Residents feeling squeeze of student loans after repayments resume

Credit: JIM NOELKER

Credit: JIM NOELKER

Some area residents with student loans want to see more help from the federal government in paying them back as they adjust to payments and interest resuming.

Roughly 9 million people missed their first student loan payments in October after the payments restarted from a pause during the COVID-19 pandemic, according to a press release from the U.S. Department of Education. About 60% of student borrowers were able to make their loan payments by mid-November.

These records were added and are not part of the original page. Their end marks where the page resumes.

-- ===== src/Fs/Tree/Main/Calls.antt =====
-- The calls of fs_main.c that hand their arguments on.
use potatoes.Prelude.{ℕ, ◌≡◌, refl, ap, ◌>>=◌, Bool, some, List}
use potatoes.Prelude.Int.{ℤ}
use potatoes.Fs.Tree.{System}
use potatoes.Fs.Tree.Open.{PathMemory, fs_open, fs_close}
use potatoes.Fs.Tree.Main.{status, do_open, do_close}

pub do_open-fs_open :
    (fuel : ℕ) (s : System) (path : List ℕ) (memory : PathMemory)
    → do_open fuel s path memory ≡ fs_open fuel s path memory
unfolding do_open
do_open-fs_open fuel s path memory = refl

pub do_close-fs_close :
    (s s' : System) (fd : ℤ) (closed : Bool)
    → fs_close s fd ≡ some (s', closed)
    → do_close s fd ≡ some (s', status closed)
unfolding do_close
do_close-fs_close s s' fd closed e = ap (λ r. r >>= (λ (s1, c). some (s1, status c))) e
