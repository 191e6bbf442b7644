-- ===== src/Fs/Tree/Open/Close.antt =====
-- Closing files, and opening a file that is open.
use potatoes.Prelude.{
  ℕ, ◌-◌, ◌<◌, ◌≤◌, ◌≡◌, ◌≢◌, ◌⊎◌, inl, inr, refl, ap, ap₂, ◌∙◌, true, false, none, some, List, [],
  ◌∷◌, if◌then◌else◌, ◌>>=◌, arith, get_elem?, set, Bool-cases,
}
use potatoes.Prelude.Int.{ℤ, pos, eq_ℤ, eq_ℤ→eq}
use potatoes.Klib.Strings.Text.{IsText, cstr}
use potatoes.Klib.Strings.Compare.{difference, strcmp-zero_iff}
use potatoes.Fs.Device.Laws.{IsDevice}
use potatoes.Fs.Inodes.{MInode, InodeTable}
use potatoes.Fs.Inodes.Bytes.{IsDInode}
use potatoes.Fs.Inodes.Disk.{InodeIo}
use potatoes.Fs.Inodes.Disk.Persist.{content, Stores, write_inode-Stores}
use potatoes.Fs.Table.{first-num}
use potatoes.Fs.Files.{File, minus_one, get_file, name2desc, free_file}
use potatoes.Fs.Files.Global.{Open, inodes_left, given_up, free_file_lem}
use potatoes.Fs.Dir.{slash}
use potatoes.Fs.Tree.{System, save_inode}
use potatoes.Fs.Tree.Open.{PathMemory, fs_open, release, close_file, fs_close}

-- Of the disk only block `b` may have changed, and the bitmap has not.
pub record Spared (s : System) (b : ℕ) (s' : System) : Type 0 where
  pub sectors : (j : ℕ) → j ≢ b → s'.blocks.bm.dev.sector j ≡ s.blocks.bm.dev.sector j
  pub size : s'.blocks.bm.dev.hdsize ≡ s.blocks.bm.dev.hdsize
  pub bitmap : s'.blocks.bm.bmap ≡ s.blocks.bm.bmap
  pub directory : s'.dir_cache ≡ s.dir_cache

-- The inode is on the disk, and nothing but its block has changed.
save_inode-Stores :
    (s : System) (x : MInode)
    → IsDevice s.blocks.bm.dev
    → x.adr ≤ s.blocks.bm.dev.hdsize
    → IsDInode (content x)
    → (s' : System) × (save_inode s x ≡ some s')
      × Stores s'.blocks.bm.dev x.adr x
      × (s'.inodes ≡ s.inodes)
      × (s'.gft ≡ s.gft)
      × Spared s x.adr s'
unfolding save_inode
save_inode-Stores s x v inside ok =
    let io : InodeIo = record { dev = s.blocks.bm.dev; d_inode_cache = s.blocks.d_inode_cache } in
    let (io', ran, kept, stores, written) = write_inode-Stores io x v inside ok in
    (
      record s {
        blocks = record s.blocks {
          bm = record s.blocks.bm { dev = io'.dev };
          d_inode_cache = io'.d_inode_cache;
        };
      },
      rw ran refl,
      stores,
      refl,
      refl,
      record {
        sectors = λ j away. written.at j ∙ ground arith;
        size = written.same_size;
        bitmap = refl;
        directory = refl;
      },
    )

release-saved :
    (s s1 : System) (fd : ℤ) (k : ℕ) (x : MInode) {inodes' : InodeTable} {gft' : List File}
    → get_elem? s.inodes k ≡ some x
    → save_inode s x ≡ some s1
    → s1.inodes ≡ s.inodes
    → s1.gft ≡ s.gft
    → free_file s.inodes s.gft fd ≡ some (inodes', gft')
    → release s fd k ≡ some (record s1 { inodes = inodes'; gft = gft' }, true)
unfolding release
release-saved s s1 fd k x node saved same_inodes same_gft freed =
    let freed' = ap₂ (λ n g. free_file n g fd) same_inodes same_gft ∙ freed in
    rw (node, saved, freed') refl

-- File `i` has lost a reference: its last one, and the file is open no more, or another.
abbrev pub Released :
    (s : System) {i : ℕ} {f : File} {k : ℕ} {x : MInode}
    → Open s.inodes s.gft i f k x
    → System
    → Type 0
Released s {i} {f} {k} {x} o s' =
    ((1 < f.count)
      × (s'.inodes ≡ s.inodes)
      × (s'.gft ≡ set s.gft i (record f { count = f.count - 1 })))
    ⊎ ((f.count ≤ 1)
        × (s'.inodes ≡ inodes_left o)
        × (s'.gft ≡ set s.gft i (given_up f))
        × (get_file s'.gft (pos i) ≡ none))

module _ (s : System) {i : ℕ} {f : File} {k : ℕ} {x : MInode} (o : Open s.inodes s.gft i f k x)
    (v : IsDevice s.blocks.bm.dev) (inside : x.adr ≤ s.blocks.bm.dev.hdsize)
    (ok : IsDInode (content x)) where
  -- The tables of inodes and files do not matter to what is spared.
  kept :
      (s1 : System)
      → Spared s x.adr s1
      → (inodes : InodeTable) (gft : List File)
      → Spared s x.adr (record s1 { inodes = inodes; gft = gft })
  kept s1 k inodes gft = record {
    sectors = k.sectors;
    size = k.size;
    bitmap = k.bitmap;
    directory = k.directory;
  }

  found : get_file s.gft (pos i) ≡ some i
  found = first-num (λ (y : File). y.desc) s.gft i o.files o.file o.desc

  -- `fs_close` of an open file succeeds: its inode is on the disk, in its own block, and the file has
  -- lost one reference. With the last one the descriptor is found no more, and the inode is given up,
  -- unless it is the root's. No other block of the disk changes, nor the bitmap.
  pub fs_close-Released :
      (s' : System) × (fs_close s (pos i) ≡ some (s', true))
      × Stores s'.blocks.bm.dev x.adr x
      × Released s o s'
      × Spared s x.adr s'
  unfolding fs_close close_file
  fs_close-Released =
      let (s1, saved, stores, same_inodes, same_gft, spared) = save_inode-Stores s x v inside ok in
      let freed = free_file_lem o in
      let named : eq_ℤ f.desc minus_one ≡ false = ap (λ d. eq_ℤ d minus_one) o.desc in
      let closing =
        ap (close_file s (pos i)) found
        ∙ (ap
              (λ r. r >>= (λ (g : File).
                let closed = g.inode >>= release s (pos i) in
                if eq_ℤ g.desc minus_one then some (s, false) else closed))
              o.file
            ∙ (rw named refl ∙ ap (λ p. p >>= release s (pos i)) o.points)) in
      elim freed [
        | inl (more, ran) ↦ (
          record s1 { inodes = s.inodes; gft = set s.gft i (record f { count = f.count - 1 }) },
          closing ∙ release-saved s s1 (pos i) k x o.node saved same_inodes same_gft ran,
          stores,
          inl (more, refl, refl),
          kept s1 spared (s.inodes) _,
        )
        | inr (last, ran, files, gone) ↦ (
          record s1 { inodes = inodes_left o; gft = set s.gft i (given_up f) },
          closing ∙ release-saved s s1 (pos i) k x o.node saved same_inodes same_gft ran,
          stores,
          inr (last, refl, refl, gone),
          kept s1 spared (inodes_left o) _,
        )
      ]

-- A descriptor that is not in the table.
pub fs_close-unknown :
    (s : System) (fd : ℤ) → get_file s.gft fd ≡ none → fs_close s fd ≡ some (s, false)
unfolding fs_close
fs_close-unknown s fd e = ap (close_file s fd) e

-- `fs_open` of a path that an open file bears, other than the root's, is the descriptor of that file,
-- and nothing changes.
pub fs_open-open :
    (fuel : ℕ) (s : System) (t rest : List ℕ) (memory : PathMemory) (i : ℕ)
    → IsText t
    → t ≢ slash ∷ []
    → name2desc s.gft (cstr t rest) ≡ some (pos i)
    → fs_open fuel s (cstr t rest) memory ≡ some (s, pos i)
unfolding fs_open
fs_open-open fuel s t rest memory i text other e =
    let (ran, zero_iff) = strcmp-zero_iff t (slash ∷ []) rest [] text (omega arith) in
    elim (Bool-cases (eq_ℤ (difference t (slash ∷ [])) (pos 0))) [
      | inl zero_d ↦
          absurd (other (zero_iff.0 (eq_ℤ→eq (difference t (slash ∷ [])) (pos 0) zero_d)))
      | inr nonzero ↦ rw (ran, nonzero, e) refl
    ]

Student loan payments and interest were paused beginning in March 2020, and when President Joe Biden was elected, his administration planned to cancel up to $10,000 in student loan debt for most borrowers. That plan has been blocked by the U.S. Supreme Court.

The administration has offered some programs for borrowers, like the SAVE plan, which allows some borrowers who make their full payments not to be charged additional interest.

Scott Hazzard-Hart, a Dayton resident who graduated in 2016 with a bachelor’s degree in microbiology, said he was hoping for student loan forgiveness. But since that hasn’t materialized yet, Hazzard-Hart said he has been putting more money towards his loans.

He’s already paid off $20,000 this year, he said, but has $50,000 remaining.

“I’d saved up during the pandemic,” he said. “Once I kind of gave up on forgiveness, I just paid off a big chunk in loans that I had, that had the most and the highest interest rate first.”

But he and his wife have still reconfigured their money so Hazzard-Hart can prioritize paying off his loans. He said he feels Biden’s administration could be offering more to help borrowers, possibly a program to help those paying back student loans buy homes.

“I feel like after the Biden administration failed to pass broad student loan forgiveness, there hasn’t really been a lot from the campaign about it,” he said. “And it’s just kind of feels like we’re stuck.”

A reformed program, the Public Service Loan Forgiveness, is also available to borrowers who make enough qualifying payments and work in public service or nonprofits. But Bailey Denmark, an Oakwood resident who works for nonprofits, says she isn’t sure that the program will work for her even though she believes she qualifies.

She has paid her loans for the last 10 years, except for the COVID-19 pandemic pause that ended in October, but now owes almost $40,000 more in interest than she did originally on her $80,000 loan in 2012, with 27 months of qualifying payments still to be made.

“I don’t know a single person who’s successfully had their loans forgiven,” she said.

With the pause on student loans, she and her wife were able to purchase a home and she has been able to put some money into savings. But Denmark said she thinks she will have to use all the rest of her savings to make payments and she doesn’t want to put the burden of repayment on other people.

“It’s hard because I I feel like if I don’t tell myself that it’s going to be over soon, like the weight of this debt is going to crush me emotionally,” she said.

She said she is worried about the outcome of the 2024 election, since some Republicans have proposed policies that would require her to pay back her loans at a faster rate.

“Those two years that I wasn’t making payments, I felt the lightest that I felt since I started repaying my loans,” Denmark said. “I felt like I was able to breathe and that the boot was kind of off my neck a little bit.”